Action item ▸
Reproduce the listing below word for word.

[Opening Material provided section]

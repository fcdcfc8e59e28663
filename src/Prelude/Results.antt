-- ===== src/Prelude/Results.antt =====
-- `common::Result<T>` of common/result.h: a value, or an error with its message.
use Prim.Native.String.{String}

pub data Result {ℓ} (A : Type ℓ) : Type ℓ where
  ok : A → Result A
  error : String → Result A
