-- ===== src/Chromecast/Protocol/Wrapping.antt =====
-- chromecast/protocol.cc: the DER wrapper of a PKCS#1 key.
pub mod Unwrapping
use phone.Prelude.{
  ℕ, zero, suc, ◌+◌, ◌/◌, ◌%◌, Bool, List, [], ◌∷◌, ◌++◌, length, ltb, ◌==◌, if◌then◌else◌, bit_or,
}
use phone.Chromecast.Json.{Text}

-- The loop of der_length: the bytes of a size, the highest first; a size_t has eight.
unfoldable pub size_bytes : ℕ → ℕ → Text → Text
size_bytes zero size bytes = bytes
size_bytes (suc n) size bytes =
    let rest = size_bytes n (size / 256) (size % 256 ∷ bytes) in if size == 0 then bytes else rest

unfoldable pub der_length : ℕ → Text
der_length size =
    let bytes = size_bytes 8 size [] in
    if ltb size 0x80 then size ∷ [] else bit_or 0x80 (length bytes) ∷ bytes

-- The AlgorithmIdentifier rsaEncryption.
unfoldable pub algorithm : Text
algorithm =
    0x30 ∷ 0x0d ∷ 0x06 ∷ 0x09 ∷ 0x2a ∷ 0x86 ∷ 0x48 ∷ 0x86 ∷ 0xf7 ∷ 0x0d ∷ 0x01 ∷ 0x01 ∷ 0x01 ∷ 0x05
    ∷ 0x00 ∷ []

unfoldable pub wrap_pkcs1 : Text → Text
wrap_pkcs1 key =
    let bits = 0x03 ∷ (der_length (length key + 1) ++ (0 ∷ key)) in
    let inner = algorithm ++ bits in 0x30 ∷ (der_length (length inner) ++ inner)
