-- ===== src/Chromecast/Protocol/Passwords.antt =====
-- chromecast/protocol.cc: supported networks, passphrases, and the encrypted password.
pub mod Checks
use Prim.Native.String.{String}
use phone.Prelude.Integers.{ℤ, pos, negsuc, same_int}
use phone.Prelude.Texts.{bytes_of}
use phone.Prelude.Results.{Result, ok, error}
use phone.Prelude.{
  ℕ, zero, suc, ◌+◌, ◌-◌, Bool, true, false, not, ◌&&◌, ◌||◌, List, [], ◌∷◌, ◌++◌, Option, none,
  some, length, list_eq, filter, ltb, leb, ◌==◌, if◌then◌else◌,
}
use phone.Chromecast.Json.{Text, is_empty, is_space}
use phone.Chromecast.Protocol.{DeviceInfo, WifiNetwork}
use phone.Chromecast.Protocol.Wrapping.{wrap_pkcs1}

unfoldable pub one_of : ℤ → List ℕ → Bool
one_of n [] = false
one_of n (m ∷ ms) = same_int n (pos m) || one_of n ms

unfoldable pub supported : WifiNetwork → Bool
supported n = one_of n.auth (1 ∷ 5 ∷ 7 ∷ 9 ∷ []) && one_of n.cipher (1 ∷ 3 ∷ 4 ∷ 5 ∷ [])

unfoldable pub needs_password : WifiNetwork → Bool
needs_password n = not (same_int n.auth (pos 1))

unfoldable pub all_of : (ℕ → Bool) → Text → Bool
all_of test [] = true
all_of test (c ∷ t) = test c && all_of test t

unfoldable pub is_hex : ℕ → Bool
is_hex c = leb b'0' c && leb c b'9' || leb b'a' c && leb c b'f' || leb b'A' c && leb c b'F'

unfoldable pub is_printable : ℕ → Bool
is_printable c = leb 32 c && ltb c 127

unfoldable pub valid_passphrase : Text → Bool
valid_passphrase p =
    if length p == 64
    then all_of is_hex p
    else leb 8 (length p) && leb (length p) 63 && all_of is_printable p

unfoldable pub lower : ℕ → ℕ
lower c = if leb b'A' c && leb c b'Z' then c - b'A' + b'a' else c

unfoldable pub same_text : Text → Text → Bool
same_text [] [] = true
same_text (x ∷ a) (y ∷ b) = lower x == lower y && same_text a b
same_text _ _ = false

unfoldable pub same_device : DeviceInfo → DeviceInfo → Bool
same_device a b =
    if not (is_empty a.mac) && not (is_empty b.mac)
    then same_text a.mac b.mac
    else if not (is_empty a.udn) && not (is_empty b.udn)
    then same_text a.udn b.udn
    else not (is_empty a.public_key) && list_eq a.public_key b.public_key

-- The functions of mbedtls, and the allocation of their state, as encrypt_password uses them:
-- `parse_key` is none unless the key is an RSA key.
pub record Crypto {ℓ} (Key : Type ℓ) : Type ℓ where
  pub base64_decode : Text → Option Text
  pub allocated : Bool
  pub parse_key : Text → Option Key
  pub rsa_length : Key → ℕ
  pub seeded : Bool
  pub pkcs1_encrypt : Key → Text → Option Text
  pub base64_encode : Text → Option Text

unfoldable pub or_key {ℓ} : {Key : Type ℓ} → Option Key → Option Key → Option Key
or_key (some key) other = some key
or_key none other = other

unfoldable pub encoded_as : Option Text → Result Text
encoded_as none = error "Cannot encode the encrypted password"
encoded_as (some encoded) = ok encoded

unfoldable pub encode_cipher {ℓ} : {Key : Type ℓ} → Crypto Key → Option Text → Result Text
encode_cipher c none = error "Cannot encrypt the password"
encode_cipher c (some cipher) = encoded_as (c.base64_encode cipher)

unfoldable pub encrypt_under {ℓ} : {Key : Type ℓ} → Crypto Key → Option Key → Text → Result Text
encrypt_under c none password = error "The Chromecast's public key is not an RSA key"
encrypt_under c (some key) password =
    if ltb (c.rsa_length key) 128 || ltb (c.rsa_length key) (length password + 11)
    then error "The Chromecast's public key cannot encrypt this password"
    else if not c.seeded
    then error "Cannot seed the random generator"
    else encode_cipher c (c.pkcs1_encrypt key password)

unfoldable pub encrypt_der {ℓ} : {Key : Type ℓ} → Crypto Key → Option Text → Text → Result Text
encrypt_der c none password = error "The Chromecast's public key is not valid base64"
encrypt_der c (some der) password =
    if not c.allocated
    then error "Cannot allocate the encryption state"
    else encrypt_under c (or_key (c.parse_key der) (c.parse_key (wrap_pkcs1 der))) password

unfoldable pub encrypt_password {ℓ} : {Key : Type ℓ} → Crypto Key → Text → Text → Result Text
encrypt_password c public_key password =
    let compact = filter (λ b. not (is_space b)) public_key in
    if is_empty compact
    then error "The Chromecast did not send its public key"
    else encrypt_der c (c.base64_decode compact) password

[Closing Material provided section]

Task output ▸
repository fcdcfc8e59e28663
filename src/Prelude/Results.antt
-- ===== src/Prelude/Results.antt =====
-- `common::Result<T>` of common/result.h: a value, or an error with its message.
use Prim.Native.String.{String}

pub data Result {ℓ} (A : Type ℓ) : Type ℓ where
  ok : A → Result A
  error : String → Result A
-- ===== src/Chromecast/Protocol/Wrapping.antt =====
-- chromecast/protocol.cc: the DER wrapper of a PKCS#1 key.
pub mod Unwrapping
use phone.Prelude.{
  ℕ, zero, suc, ◌+◌, ◌/◌, ◌%◌, Bool, List, [], ◌∷◌, ◌++◌, length, ltb, ◌==◌, if◌then◌else◌, bit_or,
}
use phone.Chromecast.Json.{Text}

-- The loop of der_length: the bytes of a size, the highest first; a size_t has eight.
unfoldable pub size_bytes : ℕ → ℕ → Text → Text
size_bytes zero size bytes = bytes
size_bytes (suc n) size bytes =
    let rest = size_bytes n (size / 256) (size % 256 ∷ bytes) in if size == 0 then bytes else rest

unfoldable pub der_length : ℕ → Text
der_length size =
    let bytes = size_bytes 8 size [] in
    if ltb size 0x80 then size ∷ [] else bit_or 0x80 (length bytes) ∷ bytes

-- The AlgorithmIdentifier rsaEncryption.
unfoldable pub algorithm : Text
algorithm =
    0x30 ∷ 0x0d ∷ 0x06 ∷ 0x09 ∷ 0x2a ∷ 0x86 ∷ 0x48 ∷ 0x86 ∷ 0xf7 ∷ 0x0d ∷ 0x01 ∷ 0x01 ∷ 0x01 ∷ 0x05
    ∷ 0x00 ∷ []

unfoldable pub wrap_pkcs1 : Text → Text
wrap_pkcs1 key =
    let bits = 0x03 ∷ (der_length (length key + 1) ++ (0 ∷ key)) in
    let inner = algorithm ++ bits in 0x30 ∷ (der_length (length inner) ++ inner)
-- ===== src/Chromecast/Protocol/Passwords.antt =====
-- chromecast/protocol.cc: supported networks, passphrases, and the encrypted password.
pub mod Checks
use Prim.Native.String.{String}
use phone.Prelude.Integers.{ℤ, pos, negsuc, same_int}
use phone.Prelude.Texts.{bytes_of}
use phone.Prelude.Results.{Result, ok, error}
use phone.Prelude.{
  ℕ, zero, suc, ◌+◌, ◌-◌, Bool, true, false, not, ◌&&◌, ◌||◌, List, [], ◌∷◌, ◌++◌, Option, none,
  some, length, list_eq, filter, ltb, leb, ◌==◌, if◌then◌else◌,
}
use phone.Chromecast.Json.{Text, is_empty, is_space}
use phone.Chromecast.Protocol.{DeviceInfo, WifiNetwork}
use phone.Chromecast.Protocol.Wrapping.{wrap_pkcs1}

unfoldable pub one_of : ℤ → List ℕ → Bool
one_of n [] = false
one_of n (m ∷ ms) = same_int n (pos m) || one_of n ms

unfoldable pub supported : WifiNetwork → Bool
supported n = one_of n.auth (1 ∷ 5 ∷ 7 ∷ 9 ∷ []) && one_of n.cipher (1 ∷ 3 ∷ 4 ∷ 5 ∷ [])

unfoldable pub needs_password : WifiNetwork → Bool
needs_password n = not (same_int n.auth (pos 1))

unfoldable pub all_of : (ℕ → Bool) → Text → Bool
all_of test [] = true
all_of test (c ∷ t) = test c && all_of test t

unfoldable pub is_hex : ℕ → Bool
is_hex c = leb b'0' c && leb c b'9' || leb b'a' c && leb c b'f' || leb b'A' c && leb c b'F'

unfoldable pub is_printable : ℕ → Bool
is_printable c = leb 32 c && ltb c 127

unfoldable pub valid_passphrase : Text → Bool
valid_passphrase p =
    if length p == 64
    then all_of is_hex p
    else leb 8 (length p) && leb (length p) 63 && all_of is_printable p

unfoldable pub lower : ℕ → ℕ
lower c = if leb b'A' c && leb c b'Z' then c - b'A' + b'a' else c

unfoldable pub same_text : Text → Text → Bool
same_text [] [] = true
same_text (x ∷ a) (y ∷ b) = lower x == lower y && same_text a b
same_text _ _ = false

unfoldable pub same_device : DeviceInfo → DeviceInfo → Bool
same_device a b =
    if not (is_empty a.mac) && not (is_empty b.mac)
    then same_text a.mac b.mac
    else if not (is_empty a.udn) && not (is_empty b.udn)
    then same_text a.udn b.udn
    else not (is_empty a.public_key) && list_eq a.public_key b.public_key

-- The functions of mbedtls, and the allocation of their state, as encrypt_password uses them:
-- `parse_key` is none unless the key is an RSA key.
pub record Crypto {ℓ} (Key : Type ℓ) : Type ℓ where
  pub base64_decode : Text → Option Text
  pub allocated : Bool
  pub parse_key : Text → Option Key
  pub rsa_length : Key → ℕ
  pub seeded : Bool
  pub pkcs1_encrypt : Key → Text → Option Text
  pub base64_encode : Text → Option Text

unfoldable pub or_key {ℓ} : {Key : Type ℓ} → Option Key → Option Key → Option Key
or_key (some key) other = some key
or_key none other = other

unfoldable pub encoded_as : Option Text → Result Text
encoded_as none = error "Cannot encode the encrypted password"
encoded_as (some encoded) = ok encoded

unfoldable pub encode_cipher {ℓ} : {Key : Type ℓ} → Crypto Key → Option Text → Result Text
encode_cipher c none = error "Cannot encrypt the password"
encode_cipher c (some cipher) = encoded_as (c.base64_encode cipher)

unfoldable pub encrypt_under {ℓ} : {Key : Type ℓ} → Crypto Key → Option Key → Text → Result Text
encrypt_under c none password = error "The Chromecast's public key is not an RSA key"
encrypt_under c (some key) password =
    if ltb (c.rsa_length key) 128 || ltb (c.rsa_length key) (length password + 11)
    then error "The Chromecast's public key cannot encrypt this password"
    else if not c.seeded
    then error "Cannot seed the random generator"
    else encode_cipher c (c.pkcs1_encrypt key password)

unfoldable pub encrypt_der {ℓ} : {Key : Type ℓ} → Crypto Key → Option Text → Text → Result Text
encrypt_der c none password = error "The Chromecast's public key is not valid base64"
encrypt_der c (some der) password =
    if not c.allocated
    then error "Cannot allocate the encryption state"
    else encrypt_under c (or_key (c.parse_key der) (c.parse_key (wrap_pkcs1 der))) password

unfoldable pub encrypt_password {ℓ} : {Key : Type ℓ} → Crypto Key → Text → Text → Result Text
encrypt_password c public_key password =
    let compact = filter (λ b. not (is_space b)) public_key in
    if is_empty compact
    then error "The Chromecast did not send its public key"
    else encrypt_der c (c.base64_decode compact) password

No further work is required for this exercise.